■ INPUT FOR THIS TASK ■
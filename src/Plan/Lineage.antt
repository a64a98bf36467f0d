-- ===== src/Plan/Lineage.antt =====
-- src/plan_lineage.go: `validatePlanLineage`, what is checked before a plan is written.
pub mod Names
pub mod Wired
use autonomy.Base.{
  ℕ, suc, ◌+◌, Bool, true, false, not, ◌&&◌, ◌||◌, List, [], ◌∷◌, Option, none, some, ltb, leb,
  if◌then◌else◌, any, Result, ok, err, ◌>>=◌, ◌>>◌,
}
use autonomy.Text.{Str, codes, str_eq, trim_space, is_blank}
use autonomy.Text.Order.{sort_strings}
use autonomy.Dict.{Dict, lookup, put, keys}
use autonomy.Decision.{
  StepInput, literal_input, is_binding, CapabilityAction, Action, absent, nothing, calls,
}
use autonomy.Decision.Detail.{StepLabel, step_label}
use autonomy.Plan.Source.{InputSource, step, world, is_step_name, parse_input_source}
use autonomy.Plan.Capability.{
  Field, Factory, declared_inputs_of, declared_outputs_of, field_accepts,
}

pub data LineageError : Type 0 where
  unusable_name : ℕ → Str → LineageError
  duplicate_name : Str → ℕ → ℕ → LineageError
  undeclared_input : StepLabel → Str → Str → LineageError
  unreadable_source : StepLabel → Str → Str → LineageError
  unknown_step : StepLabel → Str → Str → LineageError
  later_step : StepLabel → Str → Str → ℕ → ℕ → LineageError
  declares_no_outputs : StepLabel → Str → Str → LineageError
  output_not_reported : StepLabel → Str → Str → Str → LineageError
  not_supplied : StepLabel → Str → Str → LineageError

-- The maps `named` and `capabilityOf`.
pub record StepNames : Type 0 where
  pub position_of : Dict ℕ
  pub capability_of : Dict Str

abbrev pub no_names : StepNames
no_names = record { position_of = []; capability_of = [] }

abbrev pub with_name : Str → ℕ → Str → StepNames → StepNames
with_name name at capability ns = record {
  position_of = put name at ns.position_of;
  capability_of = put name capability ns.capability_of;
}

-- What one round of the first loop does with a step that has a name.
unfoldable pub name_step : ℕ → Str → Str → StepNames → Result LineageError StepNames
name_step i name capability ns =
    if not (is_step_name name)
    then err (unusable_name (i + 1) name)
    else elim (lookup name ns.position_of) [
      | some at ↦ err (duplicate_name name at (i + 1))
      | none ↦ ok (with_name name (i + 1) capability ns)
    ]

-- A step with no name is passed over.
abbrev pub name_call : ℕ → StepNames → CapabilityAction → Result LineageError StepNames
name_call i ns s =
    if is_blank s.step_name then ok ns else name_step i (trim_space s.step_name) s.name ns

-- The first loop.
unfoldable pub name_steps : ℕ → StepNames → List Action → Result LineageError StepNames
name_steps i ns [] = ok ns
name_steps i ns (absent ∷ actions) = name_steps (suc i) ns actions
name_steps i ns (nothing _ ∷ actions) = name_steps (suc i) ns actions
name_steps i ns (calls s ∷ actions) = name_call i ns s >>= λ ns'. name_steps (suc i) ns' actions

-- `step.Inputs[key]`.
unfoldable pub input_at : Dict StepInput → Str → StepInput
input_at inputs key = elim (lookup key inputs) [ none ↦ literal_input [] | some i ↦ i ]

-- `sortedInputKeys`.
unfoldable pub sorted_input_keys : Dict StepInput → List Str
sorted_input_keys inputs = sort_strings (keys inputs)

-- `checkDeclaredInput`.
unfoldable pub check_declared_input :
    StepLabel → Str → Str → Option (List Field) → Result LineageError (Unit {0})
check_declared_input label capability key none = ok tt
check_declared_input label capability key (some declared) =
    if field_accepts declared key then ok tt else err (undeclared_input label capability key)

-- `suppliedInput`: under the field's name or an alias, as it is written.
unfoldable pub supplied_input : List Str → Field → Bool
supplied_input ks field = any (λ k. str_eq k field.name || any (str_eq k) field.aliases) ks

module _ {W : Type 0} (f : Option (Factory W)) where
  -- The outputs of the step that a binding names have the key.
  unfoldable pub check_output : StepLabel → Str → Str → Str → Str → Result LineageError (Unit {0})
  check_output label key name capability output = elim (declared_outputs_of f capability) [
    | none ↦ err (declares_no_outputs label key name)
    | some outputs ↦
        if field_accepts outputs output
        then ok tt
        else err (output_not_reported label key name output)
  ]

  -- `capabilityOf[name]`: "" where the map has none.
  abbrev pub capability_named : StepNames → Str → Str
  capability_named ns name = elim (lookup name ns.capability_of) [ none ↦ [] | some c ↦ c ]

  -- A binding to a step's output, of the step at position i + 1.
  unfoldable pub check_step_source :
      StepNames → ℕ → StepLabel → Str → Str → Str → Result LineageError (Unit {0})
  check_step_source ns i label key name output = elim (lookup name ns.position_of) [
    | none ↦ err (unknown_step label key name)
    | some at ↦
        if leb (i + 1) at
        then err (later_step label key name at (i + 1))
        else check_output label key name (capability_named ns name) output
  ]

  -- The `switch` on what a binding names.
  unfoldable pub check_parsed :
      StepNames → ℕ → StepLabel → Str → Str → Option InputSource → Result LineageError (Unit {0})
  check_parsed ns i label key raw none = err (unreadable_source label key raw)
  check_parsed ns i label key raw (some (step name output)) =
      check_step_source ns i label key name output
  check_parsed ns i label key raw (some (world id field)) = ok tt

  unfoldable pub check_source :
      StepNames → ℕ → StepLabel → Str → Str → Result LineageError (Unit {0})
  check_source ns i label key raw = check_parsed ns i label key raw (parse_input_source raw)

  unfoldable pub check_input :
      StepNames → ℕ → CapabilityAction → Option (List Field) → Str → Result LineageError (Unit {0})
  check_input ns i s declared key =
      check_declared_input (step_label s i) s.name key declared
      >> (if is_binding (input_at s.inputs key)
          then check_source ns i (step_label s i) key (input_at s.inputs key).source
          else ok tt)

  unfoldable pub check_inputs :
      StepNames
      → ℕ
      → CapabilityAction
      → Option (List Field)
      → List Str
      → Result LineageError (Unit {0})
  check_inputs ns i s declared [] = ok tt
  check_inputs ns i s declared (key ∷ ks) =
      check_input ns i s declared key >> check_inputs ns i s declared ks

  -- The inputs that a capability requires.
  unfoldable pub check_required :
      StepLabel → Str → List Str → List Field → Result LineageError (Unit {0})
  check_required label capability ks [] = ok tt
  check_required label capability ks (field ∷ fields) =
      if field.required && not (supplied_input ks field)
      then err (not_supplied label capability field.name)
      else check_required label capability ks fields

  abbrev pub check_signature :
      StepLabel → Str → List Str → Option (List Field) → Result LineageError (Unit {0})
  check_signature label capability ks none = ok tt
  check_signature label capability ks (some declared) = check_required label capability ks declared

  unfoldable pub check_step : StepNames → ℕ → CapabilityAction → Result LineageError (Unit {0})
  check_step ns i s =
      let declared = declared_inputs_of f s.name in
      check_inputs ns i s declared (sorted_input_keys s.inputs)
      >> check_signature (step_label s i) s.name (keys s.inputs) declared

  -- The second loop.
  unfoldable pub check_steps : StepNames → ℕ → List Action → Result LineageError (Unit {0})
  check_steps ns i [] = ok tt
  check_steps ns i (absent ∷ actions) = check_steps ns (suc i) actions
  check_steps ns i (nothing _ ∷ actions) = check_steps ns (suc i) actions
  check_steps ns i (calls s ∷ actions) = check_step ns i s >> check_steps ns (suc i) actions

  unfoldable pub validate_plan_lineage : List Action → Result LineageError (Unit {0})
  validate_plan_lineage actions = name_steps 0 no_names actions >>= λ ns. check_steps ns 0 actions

■ EXERCISE ■
All of the data above should be reproduced word for word.

■ ANSWER SPACE ■
filename src/Plan/Lineage.antt
repository a64a98bf36467f0d
-- ===== src/Plan/Lineage.antt =====
-- src/plan_lineage.go: `validatePlanLineage`, what is checked before a plan is written.
pub mod Names
pub mod Wired
use autonomy.Base.{
  ℕ, suc, ◌+◌, Bool, true, false, not, ◌&&◌, ◌||◌, List, [], ◌∷◌, Option, none, some, ltb, leb,
  if◌then◌else◌, any, Result, ok, err, ◌>>=◌, ◌>>◌,
}
use autonomy.Text.{Str, codes, str_eq, trim_space, is_blank}
use autonomy.Text.Order.{sort_strings}
use autonomy.Dict.{Dict, lookup, put, keys}
use autonomy.Decision.{
  StepInput, literal_input, is_binding, CapabilityAction, Action, absent, nothing, calls,
}
use autonomy.Decision.Detail.{StepLabel, step_label}
use autonomy.Plan.Source.{InputSource, step, world, is_step_name, parse_input_source}
use autonomy.Plan.Capability.{
  Field, Factory, declared_inputs_of, declared_outputs_of, field_accepts,
}

pub data LineageError : Type 0 where
  unusable_name : ℕ → Str → LineageError
  duplicate_name : Str → ℕ → ℕ → LineageError
  undeclared_input : StepLabel → Str → Str → LineageError
  unreadable_source : StepLabel → Str → Str → LineageError
  unknown_step : StepLabel → Str → Str → LineageError
  later_step : StepLabel → Str → Str → ℕ → ℕ → LineageError
  declares_no_outputs : StepLabel → Str → Str → LineageError
  output_not_reported : StepLabel → Str → Str → Str → LineageError
  not_supplied : StepLabel → Str → Str → LineageError

-- The maps `named` and `capabilityOf`.
pub record StepNames : Type 0 where
  pub position_of : Dict ℕ
  pub capability_of : Dict Str

abbrev pub no_names : StepNames
no_names = record { position_of = []; capability_of = [] }

abbrev pub with_name : Str → ℕ → Str → StepNames → StepNames
with_name name at capability ns = record {
  position_of = put name at ns.position_of;
  capability_of = put name capability ns.capability_of;
}

-- What one round of the first loop does with a step that has a name.
unfoldable pub name_step : ℕ → Str → Str → StepNames → Result LineageError StepNames
name_step i name capability ns =
    if not (is_step_name name)
    then err (unusable_name (i + 1) name)
    else elim (lookup name ns.position_of) [
      | some at ↦ err (duplicate_name name at (i + 1))
      | none ↦ ok (with_name name (i + 1) capability ns)
    ]

-- A step with no name is passed over.
abbrev pub name_call : ℕ → StepNames → CapabilityAction → Result LineageError StepNames
name_call i ns s =
    if is_blank s.step_name then ok ns else name_step i (trim_space s.step_name) s.name ns

-- The first loop.
unfoldable pub name_steps : ℕ → StepNames → List Action → Result LineageError StepNames
name_steps i ns [] = ok ns
name_steps i ns (absent ∷ actions) = name_steps (suc i) ns actions
name_steps i ns (nothing _ ∷ actions) = name_steps (suc i) ns actions
name_steps i ns (calls s ∷ actions) = name_call i ns s >>= λ ns'. name_steps (suc i) ns' actions

-- `step.Inputs[key]`.
unfoldable pub input_at : Dict StepInput → Str → StepInput
input_at inputs key = elim (lookup key inputs) [ none ↦ literal_input [] | some i ↦ i ]

-- `sortedInputKeys`.
unfoldable pub sorted_input_keys : Dict StepInput → List Str
sorted_input_keys inputs = sort_strings (keys inputs)

-- `checkDeclaredInput`.
unfoldable pub check_declared_input :
    StepLabel → Str → Str → Option (List Field) → Result LineageError (Unit {0})
check_declared_input label capability key none = ok tt
check_declared_input label capability key (some declared) =
    if field_accepts declared key then ok tt else err (undeclared_input label capability key)

-- `suppliedInput`: under the field's name or an alias, as it is written.
unfoldable pub supplied_input : List Str → Field → Bool
supplied_input ks field = any (λ k. str_eq k field.name || any (str_eq k) field.aliases) ks

module _ {W : Type 0} (f : Option (Factory W)) where
  -- The outputs of the step that a binding names have the key.
  unfoldable pub check_output : StepLabel → Str → Str → Str → Str → Result LineageError (Unit {0})
  check_output label key name capability output = elim (declared_outputs_of f capability) [
    | none ↦ err (declares_no_outputs label key name)
    | some outputs ↦
        if field_accepts outputs output
        then ok tt
        else err (output_not_reported label key name output)
  ]

  -- `capabilityOf[name]`: "" where the map has none.
  abbrev pub capability_named : StepNames → Str → Str
  capability_named ns name = elim (lookup name ns.capability_of) [ none ↦ [] | some c ↦ c ]

  -- A binding to a step's output, of the step at position i + 1.
  unfoldable pub check_step_source :
      StepNames → ℕ → StepLabel → Str → Str → Str → Result LineageError (Unit {0})
  check_step_source ns i label key name output = elim (lookup name ns.position_of) [
    | none ↦ err (unknown_step label key name)
    | some at ↦
        if leb (i + 1) at
        then err (later_step label key name at (i + 1))
        else check_output label key name (capability_named ns name) output
  ]

  -- The `switch` on what a binding names.
  unfoldable pub check_parsed :
      StepNames → ℕ → StepLabel → Str → Str → Option InputSource → Result LineageError (Unit {0})
  check_parsed ns i label key raw none = err (unreadable_source label key raw)
  check_parsed ns i label key raw (some (step name output)) =
      check_step_source ns i label key name output
  check_parsed ns i label key raw (some (world id field)) = ok tt

  unfoldable pub check_source :
      StepNames → ℕ → StepLabel → Str → Str → Result LineageError (Unit {0})
  check_source ns i label key raw = check_parsed ns i label key raw (parse_input_source raw)

  unfoldable pub check_input :
      StepNames → ℕ → CapabilityAction → Option (List Field) → Str → Result LineageError (Unit {0})
  check_input ns i s declared key =
      check_declared_input (step_label s i) s.name key declared
      >> (if is_binding (input_at s.inputs key)
          then check_source ns i (step_label s i) key (input_at s.inputs key).source
          else ok tt)

  unfoldable pub check_inputs :
      StepNames
      → ℕ
      → CapabilityAction
      → Option (List Field)
      → List Str
      → Result LineageError (Unit {0})
  check_inputs ns i s declared [] = ok tt
  check_inputs ns i s declared (key ∷ ks) =
      check_input ns i s declared key >> check_inputs ns i s declared ks

  -- The inputs that a capability requires.
  unfoldable pub check_required :
      StepLabel → Str → List Str → List Field → Result LineageError (Unit {0})
  check_required label capability ks [] = ok tt
  check_required label capability ks (field ∷ fields) =
      if field.required && not (supplied_input ks field)
      then err (not_supplied label capability field.name)
      else check_required label capability ks fields

  abbrev pub check_signature :
      StepLabel → Str → List Str → Option (List Field) → Result LineageError (Unit {0})
  check_signature label capability ks none = ok tt
  check_signature label capability ks (some declared) = check_required label capability ks declared

  unfoldable pub check_step : StepNames → ℕ → CapabilityAction → Result LineageError (Unit {0})
  check_step ns i s =
      let declared = declared_inputs_of f s.name in
      check_inputs ns i s declared (sorted_input_keys s.inputs)
      >> check_signature (step_label s i) s.name (keys s.inputs) declared

  -- The second loop.
  unfoldable pub check_steps : StepNames → ℕ → List Action → Result LineageError (Unit {0})
  check_steps ns i [] = ok tt
  check_steps ns i (absent ∷ actions) = check_steps ns (suc i) actions
  check_steps ns i (nothing _ ∷ actions) = check_steps ns (suc i) actions
  check_steps ns i (calls s ∷ actions) = check_step ns i s >> check_steps ns (suc i) actions

  unfoldable pub validate_plan_lineage : List Action → Result LineageError (Unit {0})
  validate_plan_lineage actions = name_steps 0 no_names actions >>= λ ns. check_steps ns 0 actions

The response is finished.